**EXTRACTED INFORMATION**
□ □ □ □

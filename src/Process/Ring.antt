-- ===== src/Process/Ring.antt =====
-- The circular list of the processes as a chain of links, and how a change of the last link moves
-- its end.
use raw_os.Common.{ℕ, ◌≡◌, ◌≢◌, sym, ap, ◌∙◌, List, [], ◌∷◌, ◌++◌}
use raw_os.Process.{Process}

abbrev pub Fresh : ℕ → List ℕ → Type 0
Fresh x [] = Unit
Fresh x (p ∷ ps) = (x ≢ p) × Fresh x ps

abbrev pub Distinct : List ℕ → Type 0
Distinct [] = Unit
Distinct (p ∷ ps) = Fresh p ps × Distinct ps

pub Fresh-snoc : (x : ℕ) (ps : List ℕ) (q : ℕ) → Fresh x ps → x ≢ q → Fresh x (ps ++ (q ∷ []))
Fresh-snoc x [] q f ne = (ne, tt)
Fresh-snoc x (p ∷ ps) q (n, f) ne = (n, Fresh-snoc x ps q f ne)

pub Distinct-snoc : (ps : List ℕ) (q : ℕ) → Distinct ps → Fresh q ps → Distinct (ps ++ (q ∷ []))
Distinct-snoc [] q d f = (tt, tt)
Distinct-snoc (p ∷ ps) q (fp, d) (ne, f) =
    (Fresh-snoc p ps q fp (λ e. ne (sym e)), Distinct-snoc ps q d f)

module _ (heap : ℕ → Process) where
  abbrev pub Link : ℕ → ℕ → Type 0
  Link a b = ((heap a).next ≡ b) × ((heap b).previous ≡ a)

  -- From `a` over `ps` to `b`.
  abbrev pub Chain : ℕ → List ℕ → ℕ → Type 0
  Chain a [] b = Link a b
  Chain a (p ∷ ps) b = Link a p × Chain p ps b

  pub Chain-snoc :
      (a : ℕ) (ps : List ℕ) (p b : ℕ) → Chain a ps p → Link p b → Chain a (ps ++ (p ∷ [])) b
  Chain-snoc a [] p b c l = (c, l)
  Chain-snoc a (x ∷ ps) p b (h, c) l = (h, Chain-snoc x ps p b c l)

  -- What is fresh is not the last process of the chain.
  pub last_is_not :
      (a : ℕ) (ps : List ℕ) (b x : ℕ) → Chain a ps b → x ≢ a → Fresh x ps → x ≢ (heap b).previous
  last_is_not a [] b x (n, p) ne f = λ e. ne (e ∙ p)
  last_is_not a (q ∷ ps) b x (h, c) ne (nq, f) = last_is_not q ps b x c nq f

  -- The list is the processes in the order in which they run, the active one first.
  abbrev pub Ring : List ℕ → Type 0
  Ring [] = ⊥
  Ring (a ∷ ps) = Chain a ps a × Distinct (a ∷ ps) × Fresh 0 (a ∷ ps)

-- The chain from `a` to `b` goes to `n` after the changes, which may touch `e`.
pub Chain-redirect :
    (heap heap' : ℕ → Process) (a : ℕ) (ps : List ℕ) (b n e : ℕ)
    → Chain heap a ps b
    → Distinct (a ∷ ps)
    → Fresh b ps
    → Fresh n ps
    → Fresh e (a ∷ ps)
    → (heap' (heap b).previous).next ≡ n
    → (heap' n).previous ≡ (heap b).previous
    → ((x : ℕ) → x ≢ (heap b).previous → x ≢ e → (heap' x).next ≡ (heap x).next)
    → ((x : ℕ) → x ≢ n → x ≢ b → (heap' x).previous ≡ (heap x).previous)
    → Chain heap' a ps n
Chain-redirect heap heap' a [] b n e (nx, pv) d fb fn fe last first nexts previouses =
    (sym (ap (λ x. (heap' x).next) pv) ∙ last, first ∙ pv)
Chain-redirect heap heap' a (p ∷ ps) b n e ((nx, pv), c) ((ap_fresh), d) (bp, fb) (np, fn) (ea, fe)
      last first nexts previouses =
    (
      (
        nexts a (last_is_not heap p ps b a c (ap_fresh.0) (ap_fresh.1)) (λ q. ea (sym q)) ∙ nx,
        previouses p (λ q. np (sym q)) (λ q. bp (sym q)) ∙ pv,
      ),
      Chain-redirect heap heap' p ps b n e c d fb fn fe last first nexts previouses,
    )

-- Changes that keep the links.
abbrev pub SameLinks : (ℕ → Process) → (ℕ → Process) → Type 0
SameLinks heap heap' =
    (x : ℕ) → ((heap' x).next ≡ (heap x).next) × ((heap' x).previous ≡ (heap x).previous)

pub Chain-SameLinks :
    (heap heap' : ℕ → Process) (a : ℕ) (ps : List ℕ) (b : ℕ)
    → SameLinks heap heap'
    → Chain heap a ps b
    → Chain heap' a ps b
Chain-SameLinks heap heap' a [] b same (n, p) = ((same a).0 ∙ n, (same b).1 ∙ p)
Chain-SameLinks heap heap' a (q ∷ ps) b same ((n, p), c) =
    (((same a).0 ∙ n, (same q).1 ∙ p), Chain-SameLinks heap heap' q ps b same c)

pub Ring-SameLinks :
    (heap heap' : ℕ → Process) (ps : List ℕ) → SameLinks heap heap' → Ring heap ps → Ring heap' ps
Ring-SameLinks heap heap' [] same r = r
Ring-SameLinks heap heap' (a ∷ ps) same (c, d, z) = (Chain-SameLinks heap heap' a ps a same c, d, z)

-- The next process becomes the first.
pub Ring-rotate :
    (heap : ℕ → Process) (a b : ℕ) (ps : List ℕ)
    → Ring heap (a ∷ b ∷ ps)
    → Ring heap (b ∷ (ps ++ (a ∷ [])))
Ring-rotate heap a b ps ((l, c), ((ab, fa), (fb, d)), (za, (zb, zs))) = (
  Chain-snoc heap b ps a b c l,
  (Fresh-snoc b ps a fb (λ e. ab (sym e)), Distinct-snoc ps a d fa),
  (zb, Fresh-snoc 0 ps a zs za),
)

□ □ □ □

Lines holding the word "Type" should be copied from the entries above.

**REPLY TO THE EXERCISE**
abbrev pub Fresh : ℕ → List ℕ → Type 0
abbrev pub Distinct : List ℕ → Type 0
  abbrev pub Link : ℕ → ℕ → Type 0
  abbrev pub Chain : ℕ → List ℕ → ℕ → Type 0
  abbrev pub Ring : List ℕ → Type 0
abbrev pub SameLinks : (ℕ → Process) → (ℕ → Process) → Type 0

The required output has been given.